Compute the maximum width among all levels of a binary tree, counting the gaps between the leftmost and rightmost non-null nodes.
Maximum Width of Binary Tree
Given the root of a binary tree, determine the maximum width across all levels.
For a given level, the width is measured from the position of the leftmost non-null node to the position of the rightmost non-null node, including any missing nodes in between.

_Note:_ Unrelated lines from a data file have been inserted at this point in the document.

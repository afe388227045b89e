-- ===== src/ByteRanges/RowSizes.antt =====
-- integrations/llama_cpp/kv_byte_ranges.py: how `_resolve_row_sizes` ends.
use solid_attention.Base.{
  ℕ, zero, suc, ◌≤◌, ◌<◌, ◌+◌, ◌*◌, ◌/◌, ◌%◌, ◌≡◌, refl, ◌≢◌, ◌⊎◌, inl, inr, true, false, Bool,
  Option, none, some, ok, err, Result, arith, ◌∙◌, ap, Bool-cases, ◌==◌, ==_iff,
}
use native.Mathlib.Nat.{div-add-mod}
use solid_attention.Base.Int.{ℤ, pos, negsuc, ◌+ℤ◌, ◌-ℤ◌, ◌*ℤ◌, +ℤ_pos, *ℤ_pos}
use solid_attention.ByteRanges.Range.{not_positive, or_one, rows_of, resolve_row_sizes}

minus_plus : (x v : ℤ) → (x -ℤ v) +ℤ v ≡ x
unfolding ◌-ℤ◌ ◌+ℤ◌
minus_plus (pos x) (pos v) = ground arith
minus_plus (pos x) (negsuc v) = ground arith
minus_plus (negsuc x) (pos v) = ground arith
minus_plus (negsuc x) (negsuc v) = ground arith

plus_minus : (x v : ℤ) → v +ℤ (x -ℤ v) ≡ x
unfolding ◌-ℤ◌ ◌+ℤ◌
plus_minus (pos x) (pos v) = ground arith
plus_minus (pos x) (negsuc v) = ground arith
plus_minus (negsuc x) (pos v) = ground arith
plus_minus (negsuc x) (negsuc v) = ground arith

halves : (x : ℕ) → x % 2 ≡ 0 → x / 2 + x / 2 ≡ x
halves x h = omega arith

-- A row size that is missing or positive.
abbrev pub IsPositive : Option ℤ → Type 0
IsPositive none = Unit
IsPositive (some (pos n)) = 0 < n
IsPositive (some (negsuc n)) = 1 ≤ 0

-- The row size is the given one, if one is given.
abbrev pub Keeps : Option ℤ → ℤ → Type 0
Keeps none row = Unit
Keeps (some given) row = row ≡ given

-- The row size is the given one, or 1.
abbrev pub IsGivenOrOne : Option ℤ → ℤ → Type 0
IsGivenOrOne none row = row ≡ pos 1
IsGivenOrOne (some given) row = row ≡ given

IsPositive-cases :
    (row : Option ℤ)
    → (IsPositive row × (not_positive row ≡ false))
      ⊎ ((¬ IsPositive row) × (not_positive row ≡ true))
IsPositive-cases none = inl (tt, refl)
IsPositive-cases (some (pos zero)) = inr (λ h. absurd (omega arith), refl)
IsPositive-cases (some (pos (suc n))) = inl (omega arith, ground arith)
IsPositive-cases (some (negsuc n)) = inr (λ h. absurd (omega arith), ground arith)

or_one-IsGivenOrOne : (row : Option ℤ) → IsGivenOrOne row (or_one row)
or_one-IsGivenOrOne none = refl
or_one-IsGivenOrOne (some given) = refl

module _ (size_bytes n : ℕ) (key_row value_row : Option ℤ) where
  -- The rows of a block of tokens: inferred from the bytes of one token, or as they were given.
  abbrev pub AreRows : (ℤ × ℤ) × Bool → Type 0
  AreRows ((k, v), true) =
      ((k +ℤ v) *ℤ pos n ≡ pos size_bytes)
      × Keeps key_row k
      × Keeps value_row v
      × (((key_row ≡ none) × (value_row ≡ none) × (k ≡ v))
          ⊎ ((key_row ≡ none) × (value_row ≡ some v))
          ⊎ ((key_row ≡ some k) × (value_row ≡ none)))
  AreRows ((k, v), false) =
      IsGivenOrOne key_row k
      × IsGivenOrOne value_row v
      × ((size_bytes % n ≢ 0) ⊎ ((key_row ≡ some k) × (value_row ≡ some v)))

  -- How the rows are resolved: refused, or found for positive rows and at least one token.
  abbrev pub ResolveOutcome : Result ((ℤ × ℤ) × Bool) → Type 0
  ResolveOutcome (err e) =
      (¬ IsPositive key_row)
      ⊎ (¬ IsPositive value_row)
      ⊎ (n ≡ 0)
      ⊎ ((key_row ≡ none) × (value_row ≡ none) × (size_bytes % n ≡ 0) × ((size_bytes / n) % 2 ≢ 0))
  ResolveOutcome (ok rows) = IsPositive key_row × IsPositive value_row × (0 < n) × AreRows rows

whole : (s n : ℕ) → s % n ≡ 0 → s / n * n ≡ s
whole s n h = omega (arith, div-add-mod s n)

-- Rows that add up to the bytes of one token fill the block.
fills : (s n : ℕ) (k v : ℤ) → s % n ≡ 0 → k +ℤ v ≡ pos (s / n) → (k +ℤ v) *ℤ pos n ≡ pos s
fills s n k v h e = ap (λ x. x *ℤ pos n) e ∙ *ℤ_pos (s / n) n ∙ ap pos (whole s n h)

rows_of-ResolveOutcome :
    (s n : ℕ) (key_row value_row : Option ℤ)
    → s % n ≡ 0
    → 0 < n
    → IsPositive key_row
    → IsPositive value_row
    → ResolveOutcome s n key_row value_row (rows_of (pos (s / n)) key_row value_row)
unfolding rows_of
rows_of-ResolveOutcome s n none none h some_tokens k v = elim (Bool-cases ((s / n) % 2 == 0)) [
  | inl even ↦
      let half = halves (s / n) ((==_iff ((s / n) % 2) 0).0 even) in
      rw even (
        k,
        v,
        some_tokens,
        (
          fills s n (pos (s / n / 2)) (pos (s / n / 2)) h
              (+ℤ_pos (s / n / 2) (s / n / 2) ∙ ap pos half),
          tt,
          tt,
          inl (refl, refl, refl),
        ),
      )
  | inr odd ↦ rw odd (inr (inr (inr (refl, refl, h, ground arith))))
]
rows_of-ResolveOutcome s n none (some v) h some_tokens key_ok value_ok = (
  key_ok,
  value_ok,
  some_tokens,
  (fills s n (pos (s / n) -ℤ v) v h (minus_plus (pos (s / n)) v), tt, refl, inr (inl (refl, refl))),
)
rows_of-ResolveOutcome s n (some k) none h some_tokens key_ok value_ok = (
  key_ok,
  value_ok,
  some_tokens,
  (fills s n k (pos (s / n) -ℤ k) h (plus_minus (pos (s / n)) k), refl, tt, inr (inr (refl, refl))),
)
rows_of-ResolveOutcome s n (some k) (some v) h some_tokens key_ok value_ok =
    (key_ok, value_ok, some_tokens, (refl, refl, inr (refl, refl)))

-- For a size that is not negative, the rows are refused exactly when a given row is not positive,
-- there are no tokens, or both rows are missing and the bytes of one token are odd. Otherwise: the
-- given rows, or 1 for one that is missing, are taken when the size is no multiple of the number of
-- tokens or both are given; and else the missing rows are inferred, equal when both are missing,
-- such that the rows of all the tokens are exactly the size.
pub resolve_row_sizes-ResolveOutcome :
    (s n : ℕ) (key_row value_row : Option ℤ)
    → ResolveOutcome s n key_row value_row (resolve_row_sizes (pos s) n key_row value_row)
unfolding resolve_row_sizes
resolve_row_sizes-ResolveOutcome s n key_row value_row = elim (IsPositive-cases key_row) [
  | inr (bad, seen) ↦ rw seen (inl bad)
  | inl (key_ok, unseen) ↦ rw unseen (elim (IsPositive-cases value_row) [
    | inr (bad, seen) ↦ rw seen (inr (inl bad))
    | inl (value_ok, unseen1) ↦ rw unseen1 (elim (Bool-cases (n == 0)) [
      | inl empty ↦ rw empty (inr (inr (inl ((==_iff n 0).0 empty))))
      | inr tokens ↦ rw tokens (elim (Bool-cases (s % n == 0)) [
        | inl even ↦ rw even (
            rows_of-ResolveOutcome s n key_row value_row ((==_iff (s % n) 0).0 even) (ground arith)
              key_ok value_ok)
        | inr left ↦ rw left (
          key_ok,
          value_ok,
          ground arith,
          (or_one-IsGivenOrOne key_row, or_one-IsGivenOrOne value_row, inl (ground arith)),
        )
      ])
    ])
  ])
]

Treat the tree as if it were embedded in a complete binary tree so that nodes on each level can be assigned positions.
Return the largest width over all levels.
Notes
- A level may contain sparse nodes separated by nulls.

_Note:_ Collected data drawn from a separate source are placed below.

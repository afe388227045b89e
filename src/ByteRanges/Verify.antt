-- ===== src/ByteRanges/Verify.antt =====
-- integrations/llama_cpp/kv_byte_ranges.py: the loop of `verify_kv_byte_ranges` and its result.
-- Paths and the files that are written are left out.
use solid_attention.Base.{
  ℕ, ◌+◌, String, Bool, false, not, Option, List, [], ◌∷◌, ◌++◌, Result, ok, value_error, ◌>>=◌,
  ◌>>◌, raise_if, if◌then◌else◌, length, sum_by,
}
use solid_attention.Base.Int.{ℤ, pos, pos_part, leb_ℤ, eqb_ℤ, ◌+ℤ◌, ◌-ℤ◌, ◌*ℤ◌}
use solid_attention.Float.{FloatOps}
use solid_attention.Trace.{TraceEvent, record_event}
use solid_attention.Commands.{PlanOp}
use solid_attention.ByteRanges.Range.{Bytes, resolve_row_sizes, build_block_ranges, coverage_errors}
use solid_attention.ByteRanges.Mapping.{
  KvBlockByteMapping, mapping_tokens, mapped_bytes, VerifyArgs, count_if, misaligned, other_size,
  read_block, bounds_count, mapping_of, mapping_event,
}
use solid_attention.ByteRanges.Blocks.{PlanBlock, unique_blocks}

-- The local variables of the loop.
pub record Checked (Fl : Type 0) : Type 0 where
  pub mappings : List KvBlockByteMapping
  pub trace : List (TraceEvent Fl)
  pub inferred_row_size_count : ℕ
  pub size_mismatch_count : ℕ
  pub coverage_error_count : ℕ
  pub tensor_bounds_error_count : ℕ
  pub backing_short_read_count : ℕ
  pub ssd_alignment_error_count : ℕ

module _ {Fl : Type 0} ⦃fl : FloatOps Fl⦄ (sha256 : Bytes → String) where
  -- The body of the loop, for a block with at least one token.
  unfoldable pub check_block : VerifyArgs → ℕ → PlanBlock → Checked Fl → Result (Checked Fl)
  unfolding read_block
  check_block a index b s = do
    let tokens = b.end_token -ℤ b.start_token
    ((k, v), inferred) ←
        resolve_row_sizes b.size_bytes (pos_part tokens) a.key_row_size_bytes a.value_row_size_bytes
    (bytes, short) ← read_block a.backing_file b.ssd_offset b.size_bytes
    ranges ←
        build_block_ranges sha256
          (record {
            layer_id = b.layer_id;
            block_id = b.block_id;
            start_token = b.start_token;
            ssd_offset = b.ssd_offset;
            key_row = k;
            value_row = v;
            block_bytes = bytes;
          })
          b.end_token
    let mapping = mapping_of sha256 b k v bytes ranges
    trace ← record_event s.trace (mapping_event index mapping)
    ok (record {
      mappings = s.mappings ++ mapping ∷ [];
      trace = trace;
      inferred_row_size_count = s.inferred_row_size_count + count_if inferred;
      size_mismatch_count =
          s.size_mismatch_count
          + count_if (other_size a.rows b)
          + count_if (not (eqb_ℤ ((k +ℤ v) *ℤ tokens) b.size_bytes));
      coverage_error_count = s.coverage_error_count + coverage_errors ranges b.size_bytes;
      tensor_bounds_error_count =
          s.tensor_bounds_error_count + bounds_count a.cache_size ranges k v;
      backing_short_read_count = s.backing_short_read_count + count_if short;
      ssd_alignment_error_count =
          s.ssd_alignment_error_count + count_if (misaligned a.alignment b.ssd_offset);
    })

  -- The loop of `verify_kv_byte_ranges`, from the number of a block on.
  unfoldable pub check_loop : VerifyArgs → ℕ → List PlanBlock → Checked Fl → Result (Checked Fl)
  unfolding check_block
  check_loop a index [] s = ok s
  check_loop a index (b ∷ blocks) s =
      if leb_ℤ (b.end_token -ℤ b.start_token) (pos 0)
      then check_loop a (index + 1) blocks
          (record s { size_mismatch_count = s.size_mismatch_count + 1 })
      else (check_block a index b s >>= check_loop a (index + 1) blocks)

-- What `KVByteRangeVerificationResult` says besides paths.
pub record VerificationResult : Type 0 where
  pub cache_size : Option ℤ
  pub v_trans : Bool
  pub block_count : ℕ
  pub range_count : ℕ
  pub mapped_bytes : ℕ
  pub key_bytes : ℤ
  pub value_bytes : ℤ
  pub inferred_row_size_count : ℕ
  pub size_mismatch_count : ℕ
  pub coverage_error_count : ℕ
  pub tensor_bounds_error_count : ℕ
  pub backing_short_read_count : ℕ
  pub ssd_alignment_error_count : ℕ
  pub verification_error_count : ℕ
  pub mappings : List KvBlockByteMapping

-- `sum(...)` over integers.
abbrev pub sum_ℤ : (KvBlockByteMapping → ℤ) → List KvBlockByteMapping → ℤ
sum_ℤ f [] = pos 0
sum_ℤ f (m ∷ ms) = f m +ℤ sum_ℤ f ms

module _ {Fl : Type 0} ⦃fl : FloatOps Fl⦄ where
  -- The variables of the loop at its start.
  abbrev pub unchecked : Checked Fl
  unchecked = record {
    mappings = [];
    trace = [];
    inferred_row_size_count = 0;
    size_mismatch_count = 0;
    coverage_error_count = 0;
    tensor_bounds_error_count = 0;
    backing_short_read_count = 0;
    ssd_alignment_error_count = 0;
  }

  -- The result from the variables of the loop at its end.
  abbrev pub result_of : Option ℤ → Checked Fl → VerificationResult
  result_of cache_size s = record {
    cache_size = cache_size;
    v_trans = false;
    block_count = length s.mappings;
    range_count = sum_by (λ m. length m.ranges) s.mappings;
    mapped_bytes = sum_by mapped_bytes s.mappings;
    key_bytes = sum_ℤ (λ m. m.key_row_size_bytes *ℤ mapping_tokens m) s.mappings;
    value_bytes = sum_ℤ (λ m. m.value_row_size_bytes *ℤ mapping_tokens m) s.mappings;
    inferred_row_size_count = s.inferred_row_size_count;
    size_mismatch_count = s.size_mismatch_count;
    coverage_error_count = s.coverage_error_count;
    tensor_bounds_error_count = s.tensor_bounds_error_count;
    backing_short_read_count = s.backing_short_read_count;
    ssd_alignment_error_count = s.ssd_alignment_error_count;
    verification_error_count =
        s.size_mismatch_count + s.coverage_error_count + s.tensor_bounds_error_count
        + s.backing_short_read_count + s.ssd_alignment_error_count;
    mappings = s.mappings;
  }

  -- `verify_kv_byte_ranges`: the result, and the trace that is saved. `cache_size` of the arguments
  -- is the one of the call, or else that of the runtime summary.
  unfoldable pub verify_kv_byte_ranges :
      (Bytes → String)
      → VerifyArgs
      → Bool
      → List (PlanOp Fl)
      → Result (VerificationResult × List (TraceEvent Fl))
  unfolding check_loop
  verify_kv_byte_ranges sha256 a v_trans ops = do
    raise_if v_trans (value_error "v_trans=True is not supported by the first byte-range verifier")
    blocks ← unique_blocks ops
    s ← check_loop sha256 a 0 blocks unchecked
    ok (result_of a.cache_size s, s.trace)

- The width is not just the count of actual nodes on the level; it includes the space between the outermost nodes.
Input Format
- The input is the root of a binary tree.
- Each node contains an integer value and pointers to left and right children.
Output Format
- Return a single integer: the maximum width across all tree levels.
Constraints
- The tree contains at least one node.
- The number of nodes is finite.
- Node values are irrelevant to the width calculation.

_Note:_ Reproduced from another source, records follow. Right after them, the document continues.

-- ===== src/ByteRanges/Sound.antt =====
-- integrations/llama_cpp/kv_byte_ranges.py: what a verification without errors shows.
use solid_attention.Base.{
  ℕ, ◌+◌, ◌≤◌, ◌≡◌, refl, inl, inr, true, false, not-false, String, Bool, List, [], ◌∷◌, ◌++◌, map,
  ok, arith, ◌∙◌, ap, sym, subst, All, All-append, append_assoc, append-nil, >>-eq-ok, >>=-eq-ok,
  ok_inj, Bool-cases,
}
use mathlib.Core.List.{map-append}
use solid_attention.Base.Int.{pos, pos_part, leb_ℤ, ◌-ℤ◌}
use solid_attention.Float.{FloatOps}
use solid_attention.Trace.{TraceEvent, record_event}
use solid_attention.Commands.{PlanOp}
use solid_attention.ByteRanges.Range.{Bytes, resolve_row_sizes, build_block_ranges, coverage_errors}
use solid_attention.ByteRanges.Blocks.{PlanBlock, unique_blocks}
use solid_attention.ByteRanges.Mapping.{
  KvBlockByteMapping, VerifyArgs, count_if, other_size, read_block, mapping_of, mapping_event,
}
use solid_attention.ByteRanges.Verify.{
  Checked, check_block, check_loop, VerificationResult, unchecked, verify_kv_byte_ranges,
}
use solid_attention.ByteRanges.Mapped.{mapped_block, IsSound, args, mapping-IsSound}

none_counted : (b : Bool) → count_if b ≡ 0 → b ≡ false
none_counted true h = absurd (omega arith)
none_counted false h = refl

-- A sum of the counters and what a block adds to them.
no_errors :
    (m other size c coverage t bounds s short al misalign : ℕ)
    → m + other + size + (c + coverage) + (t + bounds) + (s + short) + (al + misalign) ≡ 0
    → (size ≡ 0) × (bounds ≡ 0) × (misalign ≡ 0)
no_errors m other size c coverage t bounds s short al misalign h =
    (omega arith, omega arith, omega arith)

module _ {Fl : Type 0} ⦃fl : FloatOps Fl⦄ (sha256 : Bytes → String) (a : VerifyArgs) where
  -- The sum that becomes `verification_error_count`.
  abbrev errors : Checked Fl → ℕ
  errors s =
      s.size_mismatch_count + s.coverage_error_count + s.tensor_bounds_error_count
      + s.backing_short_read_count + s.ssd_alignment_error_count

  -- What the body of the loop does for a block.
  record Steps (b : PlanBlock) (s t : Checked Fl) : Type 0 where
    pub more : errors s ≤ errors t
    pub mapping : KvBlockByteMapping
    pub mappings : t.mappings ≡ s.mappings ++ mapping ∷ []
    pub of_block : mapped_block mapping ≡ b
    pub sound : errors t ≡ 0 → IsSound sha256 a mapping

  check_block-Steps :
      (index : ℕ) (b : PlanBlock) (s t : Checked Fl)
      → leb_ℤ (b.end_token -ℤ b.start_token) (pos 0) ≡ false
      → check_block sha256 a index b s ≡ ok t
      → Steps b s t
  unfolding check_block
  check_block-Steps index b s t some_tokens h =
      let (rows, _, h1) =
        >>=-eq-ok
          (resolve_row_sizes b.size_bytes (pos_part (b.end_token -ℤ b.start_token))
            a.key_row_size_bytes a.value_row_size_bytes)
          _ h in
      let (read, _, h2) = >>=-eq-ok (read_block a.backing_file b.ssd_offset b.size_bytes) _ h1 in
      let (ranges, built, h3) =
        >>=-eq-ok
          (build_block_ranges sha256 (args sha256 a b rows.0.0 rows.0.1 read.0 []) b.end_token) _
          h2 in
      let (trace, _, made) =
        >>=-eq-ok
          (record_event s.trace
            (mapping_event index (mapping_of sha256 b rows.0.0 rows.0.1 read.0 ranges)))
          _ h3 in
      subst (Steps b s) (ok_inj made) (record {
        more = omega arith;
        mapping = mapping_of sha256 b rows.0.0 rows.0.1 read.0 ranges;
        mappings = refl;
        of_block = refl;
        sound = λ no.
            let (size, bounds, aligned) =
              no_errors s.size_mismatch_count (count_if (other_size a.rows b)) _
                s.coverage_error_count (coverage_errors ranges b.size_bytes)
                s.tensor_bounds_error_count _ s.backing_short_read_count (count_if read.1)
                s.ssd_alignment_error_count _ no in
            mapping-IsSound sha256 a b rows.0.0 rows.0.1 read.0 ranges some_tokens built
              (not-false (none_counted _ size)) bounds (none_counted _ aligned);
      })

  check_loop-IsSound :
      (index : ℕ) (blocks : List PlanBlock) (s t : Checked Fl)
      → check_loop sha256 a index blocks s ≡ ok t
      → (errors s ≤ errors t)
        × (errors t ≡ 0
            → All (IsSound sha256 a) s.mappings
            → All (IsSound sha256 a) t.mappings
              × (map mapped_block t.mappings ≡ map mapped_block s.mappings ++ blocks))
  unfolding check_loop
  check_loop-IsSound index [] s t h =
      subst
        (λ x.
          (errors s ≤ errors x)
          × (errors x ≡ 0
              → All (IsSound sha256 a) s.mappings
              → All (IsSound sha256 a) x.mappings
                × (map mapped_block x.mappings ≡ map mapped_block s.mappings ++ [])))
        (ok_inj h) (omega arith, λ no sound. (sound, sym (append-nil _)))
  check_loop-IsSound index (b ∷ blocks) s t h =
      elim (Bool-cases (leb_ℤ (b.end_token -ℤ b.start_token) (pos 0))) [
        | inl no_tokens ↦
            let skipped = record s { size_mismatch_count = s.size_mismatch_count + 1 } in
            let (more, _) = check_loop-IsSound (index + 1) blocks skipped t (rw no_tokens at h) in
            (omega arith, λ no sound. absurd (omega arith))
        | inr tokens ↦
            let (u, checked, rest) =
              >>=-eq-ok (check_block sha256 a index b s) _ (rw tokens at h) in
            let step = check_block-Steps index b s u tokens checked in
            let (more, sound) = check_loop-IsSound (index + 1) blocks u t rest in
            let m = step.mapping in
            let earlier = step.more in
            (
              omega arith,
              λ no held.
                  let both =
                    subst (All (IsSound sha256 a)) (sym step.mappings)
                      (All-append _ s.mappings (m ∷ []) held (step.sound (omega arith), tt)) in
                  let (all, blocks_of) = sound no both in
                  (
                    all,
                    blocks_of
                        ∙ ap (λ x. map mapped_block x ++ blocks) step.mappings
                        ∙ ap (λ x. x ++ blocks) (map-append mapped_block s.mappings (m ∷ []))
                        ∙ append_assoc (map mapped_block s.mappings) (mapped_block m ∷ []) blocks
                        ∙ ap (λ x. map mapped_block s.mappings ++ x ∷ blocks) step.of_block,
                  ),
            )
      ]

  -- When `verify_kv_byte_ranges` returns with no error counted, each block of the plan's operations
  -- has a mapping, in order, and each mapping is sound: its block has tokens, its ranges are a key
  -- and a value row for each token, which fill exactly the bytes of the block one behind the other,
  -- the cells of its tokens lie within the cache when a cache size is known, and its offset in the
  -- file is aligned.
  pub verify-IsSound :
      (v_trans : Bool) (ops : List (PlanOp Fl)) (result : VerificationResult)
      (trace : List (TraceEvent Fl))
      → verify_kv_byte_ranges sha256 a v_trans ops ≡ ok (result, trace)
      → result.verification_error_count ≡ 0
      → (blocks : List PlanBlock) × (unique_blocks ops ≡ ok blocks)
        × (map mapped_block result.mappings ≡ blocks)
        × All (IsSound sha256 a) result.mappings
  unfolding verify_kv_byte_ranges
  verify-IsSound v_trans ops result trace h clean =
      let (_, h1) = >>-eq-ok v_trans _ _ h in
      let (blocks, listed, h2) = >>=-eq-ok (unique_blocks ops) _ h1 in
      let (s, looped, made) = >>=-eq-ok (check_loop sha256 a 0 blocks unchecked) _ h2 in
      let same = ap (λ q. q.0) (ok_inj made) in
      let (all, blocks_of) =
        (check_loop-IsSound 0 blocks unchecked s looped).1
          (ap (λ r. r.verification_error_count) same ∙ clean) tt in
      (
        blocks,
        listed,
        ap (λ r. map mapped_block r.mappings) (sym same) ∙ blocks_of,
        subst (λ r. All (IsSound sha256 a) r.mappings) same all,
      )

- A level may be very sparse, so position tracking should avoid losing relative spacing.
Example 1
Input
root = [1,3,2,5,3,null,9]
Output
4
Explanation
At the last level, the leftmost node is at position 0 and the rightmost node is at position 3, so the width is 4.
Example 2
Input
root = [1,3,2,5,null,null,9,6,null,null,7]
Output
7
Explanation
The widest level spans from the leftmost to rightmost occupied positions across several gaps, giving a width of 7.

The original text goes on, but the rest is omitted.